:: The data ::
* * * *

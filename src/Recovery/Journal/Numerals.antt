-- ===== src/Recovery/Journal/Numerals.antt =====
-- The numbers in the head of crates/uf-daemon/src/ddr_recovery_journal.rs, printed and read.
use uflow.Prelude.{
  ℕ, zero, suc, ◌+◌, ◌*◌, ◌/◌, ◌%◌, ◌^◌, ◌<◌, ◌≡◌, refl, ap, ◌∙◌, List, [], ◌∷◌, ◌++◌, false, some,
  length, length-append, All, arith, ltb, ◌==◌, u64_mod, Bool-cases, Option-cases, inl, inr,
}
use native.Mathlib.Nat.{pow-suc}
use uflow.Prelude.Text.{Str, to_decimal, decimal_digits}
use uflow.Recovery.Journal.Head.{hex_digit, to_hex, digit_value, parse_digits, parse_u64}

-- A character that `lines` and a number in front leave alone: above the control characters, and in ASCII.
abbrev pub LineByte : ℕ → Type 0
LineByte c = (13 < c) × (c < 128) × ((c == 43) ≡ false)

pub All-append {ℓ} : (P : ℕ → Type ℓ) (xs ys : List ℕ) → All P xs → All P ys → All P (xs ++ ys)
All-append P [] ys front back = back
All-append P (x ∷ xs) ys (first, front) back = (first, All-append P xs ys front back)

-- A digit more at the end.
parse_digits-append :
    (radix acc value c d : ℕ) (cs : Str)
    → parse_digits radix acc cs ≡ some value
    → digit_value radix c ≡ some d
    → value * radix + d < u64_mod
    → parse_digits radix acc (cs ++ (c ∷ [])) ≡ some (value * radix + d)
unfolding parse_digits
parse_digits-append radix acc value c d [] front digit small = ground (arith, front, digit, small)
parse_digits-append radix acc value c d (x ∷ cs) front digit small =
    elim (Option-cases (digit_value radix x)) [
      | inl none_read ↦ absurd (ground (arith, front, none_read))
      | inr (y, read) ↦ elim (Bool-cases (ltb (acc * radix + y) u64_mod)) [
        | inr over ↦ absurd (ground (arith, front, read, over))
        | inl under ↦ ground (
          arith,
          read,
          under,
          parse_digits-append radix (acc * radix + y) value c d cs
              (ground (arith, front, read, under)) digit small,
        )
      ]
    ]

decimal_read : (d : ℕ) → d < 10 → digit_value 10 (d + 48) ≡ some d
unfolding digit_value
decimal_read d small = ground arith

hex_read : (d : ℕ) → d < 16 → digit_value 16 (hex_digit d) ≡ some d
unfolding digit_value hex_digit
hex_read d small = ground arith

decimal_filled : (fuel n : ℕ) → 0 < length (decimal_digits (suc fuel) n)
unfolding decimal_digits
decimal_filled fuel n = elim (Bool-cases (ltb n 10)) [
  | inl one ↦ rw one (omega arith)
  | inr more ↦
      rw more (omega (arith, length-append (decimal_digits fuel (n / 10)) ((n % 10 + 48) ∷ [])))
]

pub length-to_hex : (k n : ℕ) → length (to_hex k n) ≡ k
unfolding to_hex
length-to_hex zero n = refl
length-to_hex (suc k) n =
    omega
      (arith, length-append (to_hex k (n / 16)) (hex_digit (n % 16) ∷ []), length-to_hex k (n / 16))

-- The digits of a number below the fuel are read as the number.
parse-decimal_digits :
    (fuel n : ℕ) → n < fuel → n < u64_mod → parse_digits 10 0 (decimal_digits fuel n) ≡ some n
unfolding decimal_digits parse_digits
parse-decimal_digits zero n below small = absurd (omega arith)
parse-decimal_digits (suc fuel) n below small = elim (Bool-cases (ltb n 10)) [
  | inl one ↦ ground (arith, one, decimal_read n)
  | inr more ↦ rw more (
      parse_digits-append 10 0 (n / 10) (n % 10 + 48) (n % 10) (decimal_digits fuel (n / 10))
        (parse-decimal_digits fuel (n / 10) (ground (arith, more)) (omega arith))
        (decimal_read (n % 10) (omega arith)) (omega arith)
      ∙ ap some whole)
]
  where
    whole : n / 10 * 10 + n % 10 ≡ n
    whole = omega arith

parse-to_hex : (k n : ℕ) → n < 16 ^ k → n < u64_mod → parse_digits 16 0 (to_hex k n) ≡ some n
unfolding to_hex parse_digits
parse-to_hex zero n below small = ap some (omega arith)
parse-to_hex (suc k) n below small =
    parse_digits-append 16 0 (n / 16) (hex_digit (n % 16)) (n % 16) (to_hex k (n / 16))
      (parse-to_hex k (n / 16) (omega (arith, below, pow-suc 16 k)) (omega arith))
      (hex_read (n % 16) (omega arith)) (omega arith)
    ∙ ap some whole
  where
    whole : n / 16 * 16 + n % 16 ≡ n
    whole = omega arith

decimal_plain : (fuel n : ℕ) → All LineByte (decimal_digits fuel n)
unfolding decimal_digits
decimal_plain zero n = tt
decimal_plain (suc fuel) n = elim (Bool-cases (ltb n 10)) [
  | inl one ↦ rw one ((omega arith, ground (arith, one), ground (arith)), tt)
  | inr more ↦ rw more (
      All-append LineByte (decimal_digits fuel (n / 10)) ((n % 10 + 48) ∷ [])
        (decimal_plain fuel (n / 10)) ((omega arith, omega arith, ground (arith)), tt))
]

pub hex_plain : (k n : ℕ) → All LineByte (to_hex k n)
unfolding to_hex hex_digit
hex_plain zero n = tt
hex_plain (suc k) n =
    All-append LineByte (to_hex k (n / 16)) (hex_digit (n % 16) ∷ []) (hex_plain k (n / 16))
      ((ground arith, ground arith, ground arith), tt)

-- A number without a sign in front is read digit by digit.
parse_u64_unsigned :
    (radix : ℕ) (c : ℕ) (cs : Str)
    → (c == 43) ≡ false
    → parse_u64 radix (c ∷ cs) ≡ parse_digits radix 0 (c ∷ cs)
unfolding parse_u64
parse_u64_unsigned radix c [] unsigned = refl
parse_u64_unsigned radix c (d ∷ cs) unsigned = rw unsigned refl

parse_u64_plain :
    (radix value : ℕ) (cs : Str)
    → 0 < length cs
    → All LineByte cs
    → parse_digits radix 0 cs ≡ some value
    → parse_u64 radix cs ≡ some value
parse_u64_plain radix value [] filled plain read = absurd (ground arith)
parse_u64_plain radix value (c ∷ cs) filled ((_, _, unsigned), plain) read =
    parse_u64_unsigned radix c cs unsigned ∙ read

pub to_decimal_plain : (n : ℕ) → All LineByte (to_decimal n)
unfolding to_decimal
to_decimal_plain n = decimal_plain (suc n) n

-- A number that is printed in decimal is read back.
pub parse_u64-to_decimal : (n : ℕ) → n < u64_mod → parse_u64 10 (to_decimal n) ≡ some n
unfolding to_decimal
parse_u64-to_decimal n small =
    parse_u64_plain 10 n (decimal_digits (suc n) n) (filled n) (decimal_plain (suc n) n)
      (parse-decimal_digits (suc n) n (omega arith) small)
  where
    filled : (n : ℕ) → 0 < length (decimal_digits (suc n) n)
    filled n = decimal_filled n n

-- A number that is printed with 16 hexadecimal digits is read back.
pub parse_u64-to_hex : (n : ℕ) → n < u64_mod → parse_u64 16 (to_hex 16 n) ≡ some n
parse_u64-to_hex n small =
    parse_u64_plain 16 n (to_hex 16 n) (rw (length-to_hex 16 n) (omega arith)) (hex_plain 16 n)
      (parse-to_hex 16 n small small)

* * * *

:: Problem description ::
Every line from the one containing "parse_u64_unsigned radix c cs" to the final line of the listing above should be set down exactly, with nothing added.

:: Your response ::
    parse_u64_unsigned radix c cs unsigned ∙ read

pub to_decimal_plain : (n : ℕ) → All LineByte (to_decimal n)
unfolding to_decimal
to_decimal_plain n = decimal_plain (suc n) n

-- A number that is printed in decimal is read back.
pub parse_u64-to_decimal : (n : ℕ) → n < u64_mod → parse_u64 10 (to_decimal n) ≡ some n
unfolding to_decimal
parse_u64-to_decimal n small =
    parse_u64_plain 10 n (decimal_digits (suc n) n) (filled n) (decimal_plain (suc n) n)
      (parse-decimal_digits (suc n) n (omega arith) small)
  where
    filled : (n : ℕ) → 0 < length (decimal_digits (suc n) n)
    filled n = decimal_filled n n

-- A number that is printed with 16 hexadecimal digits is read back.
pub parse_u64-to_hex : (n : ℕ) → n < u64_mod → parse_u64 16 (to_hex 16 n) ≡ some n
parse_u64-to_hex n small =
    parse_u64_plain 16 n (to_hex 16 n) (rw (length-to_hex 16 n) (omega arith)) (hex_plain 16 n)
      (parse-to_hex 16 n small small)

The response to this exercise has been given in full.